__SOURCE MATERIAL__:
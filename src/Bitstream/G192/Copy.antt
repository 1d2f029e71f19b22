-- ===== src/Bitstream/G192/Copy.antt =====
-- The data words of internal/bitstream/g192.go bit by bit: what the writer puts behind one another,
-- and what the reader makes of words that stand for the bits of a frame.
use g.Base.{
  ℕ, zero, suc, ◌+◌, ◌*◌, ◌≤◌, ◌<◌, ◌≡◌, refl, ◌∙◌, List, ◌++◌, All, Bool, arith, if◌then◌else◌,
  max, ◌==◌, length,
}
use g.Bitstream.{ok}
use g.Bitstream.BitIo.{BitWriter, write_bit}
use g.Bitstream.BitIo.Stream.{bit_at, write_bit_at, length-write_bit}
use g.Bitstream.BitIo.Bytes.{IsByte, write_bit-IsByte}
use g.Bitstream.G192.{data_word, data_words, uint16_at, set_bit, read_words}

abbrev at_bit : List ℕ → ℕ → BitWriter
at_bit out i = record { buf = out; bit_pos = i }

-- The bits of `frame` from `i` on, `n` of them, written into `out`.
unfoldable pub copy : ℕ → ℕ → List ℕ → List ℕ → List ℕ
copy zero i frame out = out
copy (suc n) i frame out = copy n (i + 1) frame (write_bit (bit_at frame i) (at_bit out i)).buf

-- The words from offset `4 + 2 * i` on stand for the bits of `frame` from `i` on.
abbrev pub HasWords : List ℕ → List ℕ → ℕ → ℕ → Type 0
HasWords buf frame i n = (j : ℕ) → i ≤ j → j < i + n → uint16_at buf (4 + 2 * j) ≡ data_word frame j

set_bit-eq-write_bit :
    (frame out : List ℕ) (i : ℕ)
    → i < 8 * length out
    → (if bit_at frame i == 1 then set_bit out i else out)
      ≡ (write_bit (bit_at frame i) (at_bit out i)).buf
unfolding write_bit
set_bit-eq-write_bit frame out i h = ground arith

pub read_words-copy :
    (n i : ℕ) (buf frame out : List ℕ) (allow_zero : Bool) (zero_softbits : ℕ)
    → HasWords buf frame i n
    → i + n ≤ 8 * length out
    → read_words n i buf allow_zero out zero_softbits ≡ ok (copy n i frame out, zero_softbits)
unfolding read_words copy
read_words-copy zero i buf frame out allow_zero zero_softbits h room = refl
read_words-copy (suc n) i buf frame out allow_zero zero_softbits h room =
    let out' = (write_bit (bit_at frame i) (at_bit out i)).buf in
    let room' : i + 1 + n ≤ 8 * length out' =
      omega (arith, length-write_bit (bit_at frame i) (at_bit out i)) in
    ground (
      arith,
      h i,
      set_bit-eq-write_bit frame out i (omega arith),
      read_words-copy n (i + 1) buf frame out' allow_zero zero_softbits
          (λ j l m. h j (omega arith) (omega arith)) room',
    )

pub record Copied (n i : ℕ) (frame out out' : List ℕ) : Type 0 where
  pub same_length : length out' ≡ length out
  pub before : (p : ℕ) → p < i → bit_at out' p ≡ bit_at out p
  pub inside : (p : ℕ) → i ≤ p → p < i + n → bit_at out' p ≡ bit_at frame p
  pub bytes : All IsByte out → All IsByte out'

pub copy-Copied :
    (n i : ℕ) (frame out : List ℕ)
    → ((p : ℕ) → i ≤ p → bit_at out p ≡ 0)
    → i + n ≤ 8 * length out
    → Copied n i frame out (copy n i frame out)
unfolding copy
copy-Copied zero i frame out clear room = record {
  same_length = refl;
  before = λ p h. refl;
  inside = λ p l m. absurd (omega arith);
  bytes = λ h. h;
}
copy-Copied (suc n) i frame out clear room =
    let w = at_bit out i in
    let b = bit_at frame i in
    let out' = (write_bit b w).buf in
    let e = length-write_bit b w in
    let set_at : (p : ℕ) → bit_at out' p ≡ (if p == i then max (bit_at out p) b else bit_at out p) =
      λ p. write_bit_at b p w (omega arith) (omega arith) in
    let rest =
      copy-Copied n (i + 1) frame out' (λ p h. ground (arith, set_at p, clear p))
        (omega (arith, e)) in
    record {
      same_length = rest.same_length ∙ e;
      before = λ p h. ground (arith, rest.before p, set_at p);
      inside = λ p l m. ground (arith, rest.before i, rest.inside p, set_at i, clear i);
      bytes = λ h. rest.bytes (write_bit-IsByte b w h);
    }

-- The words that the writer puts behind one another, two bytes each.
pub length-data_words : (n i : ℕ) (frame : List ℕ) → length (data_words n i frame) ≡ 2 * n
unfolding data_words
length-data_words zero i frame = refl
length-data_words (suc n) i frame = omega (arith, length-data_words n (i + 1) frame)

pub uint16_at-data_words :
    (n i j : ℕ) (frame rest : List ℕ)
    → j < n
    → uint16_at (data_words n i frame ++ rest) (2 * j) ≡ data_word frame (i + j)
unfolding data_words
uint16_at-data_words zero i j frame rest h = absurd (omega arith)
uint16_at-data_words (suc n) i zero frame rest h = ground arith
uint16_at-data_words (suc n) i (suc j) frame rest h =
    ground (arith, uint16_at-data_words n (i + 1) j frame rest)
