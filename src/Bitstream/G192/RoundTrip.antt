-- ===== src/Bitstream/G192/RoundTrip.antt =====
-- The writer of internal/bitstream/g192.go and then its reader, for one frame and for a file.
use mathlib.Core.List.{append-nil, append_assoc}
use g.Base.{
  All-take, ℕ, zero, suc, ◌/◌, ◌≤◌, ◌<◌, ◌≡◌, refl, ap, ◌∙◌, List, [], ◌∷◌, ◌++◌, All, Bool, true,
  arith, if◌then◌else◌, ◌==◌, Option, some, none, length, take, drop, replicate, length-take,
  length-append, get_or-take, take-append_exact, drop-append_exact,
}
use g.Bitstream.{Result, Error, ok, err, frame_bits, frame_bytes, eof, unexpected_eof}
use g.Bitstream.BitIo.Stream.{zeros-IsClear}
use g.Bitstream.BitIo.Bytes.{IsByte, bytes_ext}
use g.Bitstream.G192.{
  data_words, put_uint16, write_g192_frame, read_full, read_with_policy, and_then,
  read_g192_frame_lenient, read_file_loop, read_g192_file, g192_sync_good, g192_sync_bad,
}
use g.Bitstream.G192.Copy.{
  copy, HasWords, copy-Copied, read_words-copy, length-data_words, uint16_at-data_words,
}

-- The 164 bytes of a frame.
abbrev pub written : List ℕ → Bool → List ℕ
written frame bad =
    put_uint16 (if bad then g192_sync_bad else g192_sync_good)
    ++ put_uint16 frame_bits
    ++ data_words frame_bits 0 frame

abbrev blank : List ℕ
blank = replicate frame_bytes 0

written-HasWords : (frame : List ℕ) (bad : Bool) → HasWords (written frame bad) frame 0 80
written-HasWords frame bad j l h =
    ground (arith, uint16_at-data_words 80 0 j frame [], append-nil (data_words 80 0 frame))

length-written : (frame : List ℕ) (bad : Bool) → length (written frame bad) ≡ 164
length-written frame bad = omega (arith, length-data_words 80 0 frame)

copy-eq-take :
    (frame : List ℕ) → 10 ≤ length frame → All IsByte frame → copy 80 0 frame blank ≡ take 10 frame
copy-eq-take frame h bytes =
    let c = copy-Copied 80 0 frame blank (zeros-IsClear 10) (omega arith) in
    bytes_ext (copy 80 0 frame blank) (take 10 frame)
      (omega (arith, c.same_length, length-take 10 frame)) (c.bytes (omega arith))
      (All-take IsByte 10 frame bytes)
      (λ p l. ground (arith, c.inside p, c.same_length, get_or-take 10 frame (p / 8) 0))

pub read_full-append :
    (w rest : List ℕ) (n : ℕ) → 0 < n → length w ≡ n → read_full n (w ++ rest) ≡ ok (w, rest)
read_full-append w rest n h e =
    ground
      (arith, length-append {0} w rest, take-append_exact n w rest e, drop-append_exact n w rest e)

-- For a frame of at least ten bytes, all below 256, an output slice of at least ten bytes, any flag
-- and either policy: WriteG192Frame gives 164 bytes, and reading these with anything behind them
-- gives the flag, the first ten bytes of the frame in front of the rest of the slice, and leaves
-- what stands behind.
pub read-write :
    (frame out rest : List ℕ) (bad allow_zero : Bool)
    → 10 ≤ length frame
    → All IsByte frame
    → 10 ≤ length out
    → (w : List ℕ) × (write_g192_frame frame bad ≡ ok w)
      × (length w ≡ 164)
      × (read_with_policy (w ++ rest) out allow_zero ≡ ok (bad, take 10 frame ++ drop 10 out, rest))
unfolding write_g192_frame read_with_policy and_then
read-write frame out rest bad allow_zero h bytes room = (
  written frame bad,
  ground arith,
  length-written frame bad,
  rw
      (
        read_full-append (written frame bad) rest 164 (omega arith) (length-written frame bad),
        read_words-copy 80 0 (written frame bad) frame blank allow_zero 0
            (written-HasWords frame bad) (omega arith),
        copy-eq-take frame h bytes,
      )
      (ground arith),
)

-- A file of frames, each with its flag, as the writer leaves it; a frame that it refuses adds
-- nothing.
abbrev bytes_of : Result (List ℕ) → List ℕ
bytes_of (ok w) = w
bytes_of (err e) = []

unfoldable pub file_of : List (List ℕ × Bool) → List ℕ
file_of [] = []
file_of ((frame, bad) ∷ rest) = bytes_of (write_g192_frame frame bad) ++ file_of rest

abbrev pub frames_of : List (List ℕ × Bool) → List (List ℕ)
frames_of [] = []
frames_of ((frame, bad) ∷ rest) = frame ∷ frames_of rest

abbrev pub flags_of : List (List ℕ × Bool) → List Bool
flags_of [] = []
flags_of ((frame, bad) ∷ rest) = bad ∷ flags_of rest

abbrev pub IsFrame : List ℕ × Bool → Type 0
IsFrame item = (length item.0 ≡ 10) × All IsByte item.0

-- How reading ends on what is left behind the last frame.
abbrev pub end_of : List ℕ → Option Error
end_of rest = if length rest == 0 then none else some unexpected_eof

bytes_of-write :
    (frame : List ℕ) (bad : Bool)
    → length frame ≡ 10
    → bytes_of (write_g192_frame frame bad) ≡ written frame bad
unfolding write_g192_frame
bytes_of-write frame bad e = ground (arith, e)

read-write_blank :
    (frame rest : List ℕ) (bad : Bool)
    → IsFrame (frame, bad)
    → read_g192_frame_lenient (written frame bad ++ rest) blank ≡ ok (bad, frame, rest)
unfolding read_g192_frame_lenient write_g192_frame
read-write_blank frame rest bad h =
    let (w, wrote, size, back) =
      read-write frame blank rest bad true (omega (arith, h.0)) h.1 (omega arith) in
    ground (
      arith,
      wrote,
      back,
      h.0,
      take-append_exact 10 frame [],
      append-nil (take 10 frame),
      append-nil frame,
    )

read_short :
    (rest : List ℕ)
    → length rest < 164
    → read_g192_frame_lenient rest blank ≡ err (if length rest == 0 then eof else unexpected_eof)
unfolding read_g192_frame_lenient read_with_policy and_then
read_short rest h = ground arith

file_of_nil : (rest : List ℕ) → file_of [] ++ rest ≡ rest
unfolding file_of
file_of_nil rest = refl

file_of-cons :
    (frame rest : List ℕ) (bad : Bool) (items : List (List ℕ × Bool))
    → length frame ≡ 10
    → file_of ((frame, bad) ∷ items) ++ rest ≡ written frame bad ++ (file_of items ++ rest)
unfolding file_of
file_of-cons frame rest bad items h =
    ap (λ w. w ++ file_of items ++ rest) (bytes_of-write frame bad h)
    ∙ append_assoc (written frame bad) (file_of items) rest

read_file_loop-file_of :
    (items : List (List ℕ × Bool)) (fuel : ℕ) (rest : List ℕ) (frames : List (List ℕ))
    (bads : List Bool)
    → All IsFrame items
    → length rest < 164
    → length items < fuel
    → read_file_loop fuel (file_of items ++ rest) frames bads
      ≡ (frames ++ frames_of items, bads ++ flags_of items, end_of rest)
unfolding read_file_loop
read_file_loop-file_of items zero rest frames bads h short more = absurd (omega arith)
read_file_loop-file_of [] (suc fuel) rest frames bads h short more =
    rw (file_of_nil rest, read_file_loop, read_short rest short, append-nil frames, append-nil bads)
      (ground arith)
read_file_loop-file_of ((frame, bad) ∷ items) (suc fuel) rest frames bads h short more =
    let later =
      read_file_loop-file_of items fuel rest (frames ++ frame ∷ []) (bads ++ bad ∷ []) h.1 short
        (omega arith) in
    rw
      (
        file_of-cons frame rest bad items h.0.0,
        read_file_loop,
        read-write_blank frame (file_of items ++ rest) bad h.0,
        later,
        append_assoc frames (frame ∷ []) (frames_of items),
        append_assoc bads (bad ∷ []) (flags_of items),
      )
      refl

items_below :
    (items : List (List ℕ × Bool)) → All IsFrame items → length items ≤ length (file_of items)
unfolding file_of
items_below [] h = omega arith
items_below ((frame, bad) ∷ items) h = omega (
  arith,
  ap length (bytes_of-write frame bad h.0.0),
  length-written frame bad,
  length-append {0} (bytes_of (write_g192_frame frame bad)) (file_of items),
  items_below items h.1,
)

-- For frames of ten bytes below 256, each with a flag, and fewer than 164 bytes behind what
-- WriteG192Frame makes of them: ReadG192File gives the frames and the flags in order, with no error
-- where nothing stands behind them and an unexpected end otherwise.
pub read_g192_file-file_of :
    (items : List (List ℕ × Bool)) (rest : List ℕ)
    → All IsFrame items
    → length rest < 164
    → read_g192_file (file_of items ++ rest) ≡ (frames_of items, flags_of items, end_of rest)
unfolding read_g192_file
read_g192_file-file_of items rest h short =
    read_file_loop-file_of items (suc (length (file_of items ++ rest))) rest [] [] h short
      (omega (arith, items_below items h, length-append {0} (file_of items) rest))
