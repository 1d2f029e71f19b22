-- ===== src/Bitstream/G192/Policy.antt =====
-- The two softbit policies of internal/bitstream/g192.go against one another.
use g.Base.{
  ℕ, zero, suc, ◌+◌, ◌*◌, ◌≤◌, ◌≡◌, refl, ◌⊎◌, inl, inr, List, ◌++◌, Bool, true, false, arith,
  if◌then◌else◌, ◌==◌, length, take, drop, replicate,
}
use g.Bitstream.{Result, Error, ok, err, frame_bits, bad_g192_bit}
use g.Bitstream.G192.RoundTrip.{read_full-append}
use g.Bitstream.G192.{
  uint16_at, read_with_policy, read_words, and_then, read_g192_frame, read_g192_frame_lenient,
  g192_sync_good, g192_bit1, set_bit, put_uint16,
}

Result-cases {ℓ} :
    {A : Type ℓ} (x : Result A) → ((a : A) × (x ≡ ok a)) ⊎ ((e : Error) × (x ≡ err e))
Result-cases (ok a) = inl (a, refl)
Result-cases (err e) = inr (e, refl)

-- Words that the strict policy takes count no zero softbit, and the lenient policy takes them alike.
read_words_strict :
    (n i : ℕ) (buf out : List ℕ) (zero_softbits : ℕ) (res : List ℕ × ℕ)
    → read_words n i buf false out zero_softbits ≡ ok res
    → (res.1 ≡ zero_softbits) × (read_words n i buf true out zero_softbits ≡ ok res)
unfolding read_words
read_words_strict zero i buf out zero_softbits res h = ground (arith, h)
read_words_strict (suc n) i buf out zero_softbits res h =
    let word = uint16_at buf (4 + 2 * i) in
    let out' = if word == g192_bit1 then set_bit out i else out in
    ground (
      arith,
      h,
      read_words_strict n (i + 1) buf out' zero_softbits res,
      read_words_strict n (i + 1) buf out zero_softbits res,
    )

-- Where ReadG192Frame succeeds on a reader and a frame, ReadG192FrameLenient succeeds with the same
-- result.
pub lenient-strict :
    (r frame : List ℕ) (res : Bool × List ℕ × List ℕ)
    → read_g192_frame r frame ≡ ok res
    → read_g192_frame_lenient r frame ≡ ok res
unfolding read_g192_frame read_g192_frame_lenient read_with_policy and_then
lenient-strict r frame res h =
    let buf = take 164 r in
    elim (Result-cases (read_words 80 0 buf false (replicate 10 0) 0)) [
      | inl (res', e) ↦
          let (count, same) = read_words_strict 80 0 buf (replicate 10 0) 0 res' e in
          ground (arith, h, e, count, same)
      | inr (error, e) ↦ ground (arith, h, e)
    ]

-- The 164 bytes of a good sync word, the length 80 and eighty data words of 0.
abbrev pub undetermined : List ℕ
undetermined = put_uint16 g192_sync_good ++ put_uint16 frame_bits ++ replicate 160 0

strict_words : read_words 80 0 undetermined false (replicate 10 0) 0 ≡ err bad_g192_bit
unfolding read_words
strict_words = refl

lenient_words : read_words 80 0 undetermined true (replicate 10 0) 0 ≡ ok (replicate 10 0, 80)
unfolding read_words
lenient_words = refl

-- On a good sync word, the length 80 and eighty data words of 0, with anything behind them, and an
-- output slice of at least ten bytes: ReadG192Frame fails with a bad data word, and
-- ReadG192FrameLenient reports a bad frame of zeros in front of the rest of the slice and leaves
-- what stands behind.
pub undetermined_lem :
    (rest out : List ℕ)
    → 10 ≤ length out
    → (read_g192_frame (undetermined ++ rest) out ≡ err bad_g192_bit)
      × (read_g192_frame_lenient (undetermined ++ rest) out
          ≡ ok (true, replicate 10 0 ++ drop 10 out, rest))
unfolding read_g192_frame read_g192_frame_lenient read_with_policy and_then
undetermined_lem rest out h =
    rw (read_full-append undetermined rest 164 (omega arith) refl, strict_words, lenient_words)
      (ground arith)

__BRIEF__:
Every line of the listing that includes the word "internal" belongs in the answer.

__EXPECTED ANSWER__:
-- The data words of internal/bitstream/g192.go bit by bit: what the writer puts behind one another,
-- The writer of internal/bitstream/g192.go and then its reader, for one frame and for a file.
-- The two softbit policies of internal/bitstream/g192.go against one another.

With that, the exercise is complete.